## Instructions to follow
How many lines of the data include the string "LaneDefinition"? State the number and nothing else.

Collected data:
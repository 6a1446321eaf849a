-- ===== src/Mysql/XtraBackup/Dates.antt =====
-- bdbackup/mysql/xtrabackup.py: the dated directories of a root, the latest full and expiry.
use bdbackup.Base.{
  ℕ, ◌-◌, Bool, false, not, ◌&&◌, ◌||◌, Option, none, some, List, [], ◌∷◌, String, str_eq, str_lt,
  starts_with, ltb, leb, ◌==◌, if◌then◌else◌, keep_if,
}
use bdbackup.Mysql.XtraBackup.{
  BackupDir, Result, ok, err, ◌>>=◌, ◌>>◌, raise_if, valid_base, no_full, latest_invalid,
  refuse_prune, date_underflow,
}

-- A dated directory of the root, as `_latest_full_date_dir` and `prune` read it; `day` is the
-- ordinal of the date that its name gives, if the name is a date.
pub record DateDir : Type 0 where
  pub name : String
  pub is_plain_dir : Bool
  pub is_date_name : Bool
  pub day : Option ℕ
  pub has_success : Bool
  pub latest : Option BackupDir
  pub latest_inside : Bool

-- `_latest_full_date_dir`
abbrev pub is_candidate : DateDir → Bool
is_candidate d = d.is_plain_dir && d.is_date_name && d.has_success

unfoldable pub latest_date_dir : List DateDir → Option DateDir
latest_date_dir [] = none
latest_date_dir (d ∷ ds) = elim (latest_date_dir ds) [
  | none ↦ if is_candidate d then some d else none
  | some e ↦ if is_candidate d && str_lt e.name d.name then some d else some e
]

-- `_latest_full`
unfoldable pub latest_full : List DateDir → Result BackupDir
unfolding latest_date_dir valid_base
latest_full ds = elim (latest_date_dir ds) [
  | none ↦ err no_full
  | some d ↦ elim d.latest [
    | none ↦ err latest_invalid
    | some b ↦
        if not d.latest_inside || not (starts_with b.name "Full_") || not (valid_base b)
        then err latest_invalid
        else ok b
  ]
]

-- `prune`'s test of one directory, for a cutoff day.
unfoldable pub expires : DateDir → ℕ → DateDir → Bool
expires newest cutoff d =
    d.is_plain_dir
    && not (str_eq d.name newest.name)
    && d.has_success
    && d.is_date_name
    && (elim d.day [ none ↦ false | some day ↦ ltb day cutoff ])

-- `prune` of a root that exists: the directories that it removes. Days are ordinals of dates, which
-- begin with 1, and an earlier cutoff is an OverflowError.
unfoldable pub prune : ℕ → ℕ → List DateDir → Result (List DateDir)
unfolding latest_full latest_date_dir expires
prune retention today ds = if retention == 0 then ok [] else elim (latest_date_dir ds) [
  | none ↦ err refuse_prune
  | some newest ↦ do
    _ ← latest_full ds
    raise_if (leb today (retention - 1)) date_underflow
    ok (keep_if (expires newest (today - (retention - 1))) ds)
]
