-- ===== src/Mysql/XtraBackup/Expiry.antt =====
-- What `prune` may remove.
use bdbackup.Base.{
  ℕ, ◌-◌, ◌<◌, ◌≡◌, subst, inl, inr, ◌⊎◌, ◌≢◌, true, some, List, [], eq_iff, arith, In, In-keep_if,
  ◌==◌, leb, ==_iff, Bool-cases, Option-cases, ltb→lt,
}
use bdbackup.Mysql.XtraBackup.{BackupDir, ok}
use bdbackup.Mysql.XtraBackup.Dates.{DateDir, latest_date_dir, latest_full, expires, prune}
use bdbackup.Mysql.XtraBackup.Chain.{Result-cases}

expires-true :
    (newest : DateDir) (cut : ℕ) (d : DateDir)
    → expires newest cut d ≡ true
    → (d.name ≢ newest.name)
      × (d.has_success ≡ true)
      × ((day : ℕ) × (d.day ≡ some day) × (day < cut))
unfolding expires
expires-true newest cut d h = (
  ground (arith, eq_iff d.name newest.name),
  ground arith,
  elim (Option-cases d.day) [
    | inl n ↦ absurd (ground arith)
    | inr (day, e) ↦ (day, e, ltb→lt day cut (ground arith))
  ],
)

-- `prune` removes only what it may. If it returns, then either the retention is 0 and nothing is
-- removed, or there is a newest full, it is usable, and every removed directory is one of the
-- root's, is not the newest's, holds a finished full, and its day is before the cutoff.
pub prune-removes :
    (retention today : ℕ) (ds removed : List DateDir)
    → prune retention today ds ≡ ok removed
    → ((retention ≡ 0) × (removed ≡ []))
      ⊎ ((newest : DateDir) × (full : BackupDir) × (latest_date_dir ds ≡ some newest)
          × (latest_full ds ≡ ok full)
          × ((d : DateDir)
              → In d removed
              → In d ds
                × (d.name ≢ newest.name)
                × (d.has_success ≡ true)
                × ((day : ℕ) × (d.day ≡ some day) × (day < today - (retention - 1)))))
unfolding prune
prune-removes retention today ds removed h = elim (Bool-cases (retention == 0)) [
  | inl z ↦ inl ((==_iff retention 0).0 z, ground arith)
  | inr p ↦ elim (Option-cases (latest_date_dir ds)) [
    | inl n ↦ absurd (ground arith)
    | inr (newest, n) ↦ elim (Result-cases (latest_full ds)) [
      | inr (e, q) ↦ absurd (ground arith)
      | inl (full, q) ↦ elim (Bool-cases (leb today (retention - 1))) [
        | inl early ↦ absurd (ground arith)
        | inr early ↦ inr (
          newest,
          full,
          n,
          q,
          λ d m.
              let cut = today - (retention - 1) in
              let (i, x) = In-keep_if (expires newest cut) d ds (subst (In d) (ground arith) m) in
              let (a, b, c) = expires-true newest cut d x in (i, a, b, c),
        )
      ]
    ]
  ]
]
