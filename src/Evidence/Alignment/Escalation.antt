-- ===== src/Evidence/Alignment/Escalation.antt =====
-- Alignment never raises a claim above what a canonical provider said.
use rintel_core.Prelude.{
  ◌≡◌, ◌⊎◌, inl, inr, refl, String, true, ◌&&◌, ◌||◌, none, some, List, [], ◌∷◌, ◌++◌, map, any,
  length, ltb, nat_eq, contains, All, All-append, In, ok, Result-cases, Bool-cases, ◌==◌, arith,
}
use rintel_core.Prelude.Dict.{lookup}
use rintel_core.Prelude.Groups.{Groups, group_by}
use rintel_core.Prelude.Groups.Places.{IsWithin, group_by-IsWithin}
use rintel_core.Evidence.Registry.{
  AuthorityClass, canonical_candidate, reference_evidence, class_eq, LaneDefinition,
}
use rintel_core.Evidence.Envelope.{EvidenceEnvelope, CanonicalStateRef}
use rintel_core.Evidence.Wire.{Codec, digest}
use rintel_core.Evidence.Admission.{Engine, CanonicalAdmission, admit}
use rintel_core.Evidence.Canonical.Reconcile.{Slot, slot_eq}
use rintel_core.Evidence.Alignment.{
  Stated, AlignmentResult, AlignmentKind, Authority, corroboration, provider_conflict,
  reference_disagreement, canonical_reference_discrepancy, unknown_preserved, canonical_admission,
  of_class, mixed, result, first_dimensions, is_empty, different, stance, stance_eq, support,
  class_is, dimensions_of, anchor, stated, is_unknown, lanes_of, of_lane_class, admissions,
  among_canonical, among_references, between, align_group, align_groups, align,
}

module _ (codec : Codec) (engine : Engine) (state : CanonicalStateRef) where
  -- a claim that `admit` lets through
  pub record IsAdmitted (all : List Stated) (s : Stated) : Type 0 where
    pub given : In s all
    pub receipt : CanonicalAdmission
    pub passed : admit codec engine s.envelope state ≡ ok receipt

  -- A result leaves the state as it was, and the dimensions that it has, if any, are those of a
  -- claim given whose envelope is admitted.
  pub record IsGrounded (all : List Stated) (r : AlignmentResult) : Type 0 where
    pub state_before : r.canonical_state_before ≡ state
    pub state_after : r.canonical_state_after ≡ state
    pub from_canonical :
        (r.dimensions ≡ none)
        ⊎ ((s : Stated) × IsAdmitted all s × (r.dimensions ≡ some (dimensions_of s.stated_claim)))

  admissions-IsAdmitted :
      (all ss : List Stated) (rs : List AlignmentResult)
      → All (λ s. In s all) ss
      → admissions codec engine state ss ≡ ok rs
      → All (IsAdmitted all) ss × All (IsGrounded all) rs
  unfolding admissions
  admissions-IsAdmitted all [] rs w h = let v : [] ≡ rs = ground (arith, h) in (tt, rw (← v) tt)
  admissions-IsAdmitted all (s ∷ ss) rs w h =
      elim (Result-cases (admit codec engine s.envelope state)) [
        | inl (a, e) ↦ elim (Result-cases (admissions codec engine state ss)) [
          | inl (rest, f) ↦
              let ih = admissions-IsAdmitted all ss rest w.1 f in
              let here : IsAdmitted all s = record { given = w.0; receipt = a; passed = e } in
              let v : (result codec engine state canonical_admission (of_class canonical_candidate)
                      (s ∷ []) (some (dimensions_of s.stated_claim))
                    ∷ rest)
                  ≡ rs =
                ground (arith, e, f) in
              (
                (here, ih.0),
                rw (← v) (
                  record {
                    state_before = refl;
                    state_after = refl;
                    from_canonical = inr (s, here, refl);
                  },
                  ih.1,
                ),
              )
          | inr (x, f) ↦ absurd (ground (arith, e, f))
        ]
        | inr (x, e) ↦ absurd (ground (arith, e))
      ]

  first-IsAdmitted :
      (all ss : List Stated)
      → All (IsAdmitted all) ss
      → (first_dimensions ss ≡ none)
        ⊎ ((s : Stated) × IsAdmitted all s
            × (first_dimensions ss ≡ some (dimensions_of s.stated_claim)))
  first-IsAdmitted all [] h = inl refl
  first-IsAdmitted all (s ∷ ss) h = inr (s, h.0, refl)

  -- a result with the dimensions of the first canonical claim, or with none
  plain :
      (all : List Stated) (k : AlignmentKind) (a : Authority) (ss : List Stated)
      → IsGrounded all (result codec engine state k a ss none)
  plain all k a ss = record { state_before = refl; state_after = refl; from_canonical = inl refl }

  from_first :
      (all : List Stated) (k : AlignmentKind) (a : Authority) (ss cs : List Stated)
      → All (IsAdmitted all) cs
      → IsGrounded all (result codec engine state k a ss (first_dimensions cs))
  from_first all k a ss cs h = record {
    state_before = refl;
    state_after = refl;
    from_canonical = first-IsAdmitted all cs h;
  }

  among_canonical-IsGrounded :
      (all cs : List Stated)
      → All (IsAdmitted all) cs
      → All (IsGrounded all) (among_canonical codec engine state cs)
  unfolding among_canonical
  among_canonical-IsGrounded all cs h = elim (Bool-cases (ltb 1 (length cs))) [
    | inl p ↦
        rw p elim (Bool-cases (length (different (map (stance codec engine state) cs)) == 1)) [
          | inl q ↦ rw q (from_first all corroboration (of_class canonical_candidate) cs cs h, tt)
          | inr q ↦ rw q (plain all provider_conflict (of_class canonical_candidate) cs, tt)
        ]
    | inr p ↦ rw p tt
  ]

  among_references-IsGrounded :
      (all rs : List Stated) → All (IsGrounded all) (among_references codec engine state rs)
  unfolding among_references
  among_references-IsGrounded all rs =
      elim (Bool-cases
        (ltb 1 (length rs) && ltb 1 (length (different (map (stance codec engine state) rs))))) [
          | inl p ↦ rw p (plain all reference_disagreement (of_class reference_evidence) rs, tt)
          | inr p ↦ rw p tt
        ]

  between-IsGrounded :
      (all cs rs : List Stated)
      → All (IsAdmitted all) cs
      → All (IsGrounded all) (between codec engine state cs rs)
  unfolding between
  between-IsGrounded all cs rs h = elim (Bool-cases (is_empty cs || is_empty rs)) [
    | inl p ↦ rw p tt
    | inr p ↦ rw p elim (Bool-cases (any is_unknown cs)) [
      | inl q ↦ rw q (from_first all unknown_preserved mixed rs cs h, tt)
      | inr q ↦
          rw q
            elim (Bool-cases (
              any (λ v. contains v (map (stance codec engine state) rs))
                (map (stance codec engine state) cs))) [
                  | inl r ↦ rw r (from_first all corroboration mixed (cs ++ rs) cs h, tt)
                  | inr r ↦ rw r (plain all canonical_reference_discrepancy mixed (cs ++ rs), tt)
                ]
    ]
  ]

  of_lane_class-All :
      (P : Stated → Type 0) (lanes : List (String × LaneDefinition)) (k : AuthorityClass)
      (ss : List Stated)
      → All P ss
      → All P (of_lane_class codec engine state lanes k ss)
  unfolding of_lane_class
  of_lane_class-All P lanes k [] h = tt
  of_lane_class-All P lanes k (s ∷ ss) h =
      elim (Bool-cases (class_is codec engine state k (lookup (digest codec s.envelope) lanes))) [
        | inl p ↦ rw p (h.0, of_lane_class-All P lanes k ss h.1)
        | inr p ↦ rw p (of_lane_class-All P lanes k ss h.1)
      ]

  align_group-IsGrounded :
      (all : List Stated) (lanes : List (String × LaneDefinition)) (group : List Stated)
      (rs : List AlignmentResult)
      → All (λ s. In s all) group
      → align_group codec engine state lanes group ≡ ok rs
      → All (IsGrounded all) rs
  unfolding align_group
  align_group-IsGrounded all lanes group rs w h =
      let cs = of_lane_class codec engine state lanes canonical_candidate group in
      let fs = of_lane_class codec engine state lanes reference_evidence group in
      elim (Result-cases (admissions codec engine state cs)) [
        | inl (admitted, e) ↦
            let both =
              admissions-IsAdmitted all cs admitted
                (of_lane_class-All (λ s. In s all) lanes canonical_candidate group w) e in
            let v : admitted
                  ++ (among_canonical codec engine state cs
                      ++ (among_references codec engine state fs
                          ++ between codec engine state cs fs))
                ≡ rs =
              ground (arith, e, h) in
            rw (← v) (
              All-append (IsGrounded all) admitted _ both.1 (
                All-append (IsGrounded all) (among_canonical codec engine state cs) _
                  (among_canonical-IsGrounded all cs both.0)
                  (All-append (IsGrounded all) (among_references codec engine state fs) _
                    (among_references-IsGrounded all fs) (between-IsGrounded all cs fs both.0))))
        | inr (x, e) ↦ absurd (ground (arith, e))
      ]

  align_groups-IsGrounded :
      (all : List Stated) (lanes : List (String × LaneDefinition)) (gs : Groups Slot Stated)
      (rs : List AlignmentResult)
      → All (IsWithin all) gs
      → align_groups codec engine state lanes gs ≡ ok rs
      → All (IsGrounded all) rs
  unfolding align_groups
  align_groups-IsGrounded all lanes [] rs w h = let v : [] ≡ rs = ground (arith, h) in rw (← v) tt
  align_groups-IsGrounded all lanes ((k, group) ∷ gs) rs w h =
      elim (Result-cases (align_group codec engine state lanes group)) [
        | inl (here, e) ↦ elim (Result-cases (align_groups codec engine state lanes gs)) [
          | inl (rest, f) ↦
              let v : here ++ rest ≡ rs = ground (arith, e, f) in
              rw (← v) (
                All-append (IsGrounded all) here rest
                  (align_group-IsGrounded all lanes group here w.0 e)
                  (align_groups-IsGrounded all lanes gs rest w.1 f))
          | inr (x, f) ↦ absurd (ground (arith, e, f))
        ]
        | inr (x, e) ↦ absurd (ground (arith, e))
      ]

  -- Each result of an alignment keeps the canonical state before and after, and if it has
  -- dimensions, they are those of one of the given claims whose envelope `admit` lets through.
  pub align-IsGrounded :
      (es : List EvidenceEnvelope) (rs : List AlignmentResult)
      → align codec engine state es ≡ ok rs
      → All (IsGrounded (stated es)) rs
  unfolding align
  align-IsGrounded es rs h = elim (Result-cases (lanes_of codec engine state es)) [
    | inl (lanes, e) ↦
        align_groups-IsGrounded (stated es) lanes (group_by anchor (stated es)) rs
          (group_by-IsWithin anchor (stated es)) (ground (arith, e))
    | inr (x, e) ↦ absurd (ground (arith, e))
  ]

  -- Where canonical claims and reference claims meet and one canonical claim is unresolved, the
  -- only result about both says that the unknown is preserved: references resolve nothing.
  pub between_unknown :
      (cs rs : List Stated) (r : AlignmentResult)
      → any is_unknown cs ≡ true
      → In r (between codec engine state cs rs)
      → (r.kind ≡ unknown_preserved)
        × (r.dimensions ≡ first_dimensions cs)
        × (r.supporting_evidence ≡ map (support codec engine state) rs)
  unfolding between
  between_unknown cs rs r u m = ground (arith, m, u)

## Task solution
4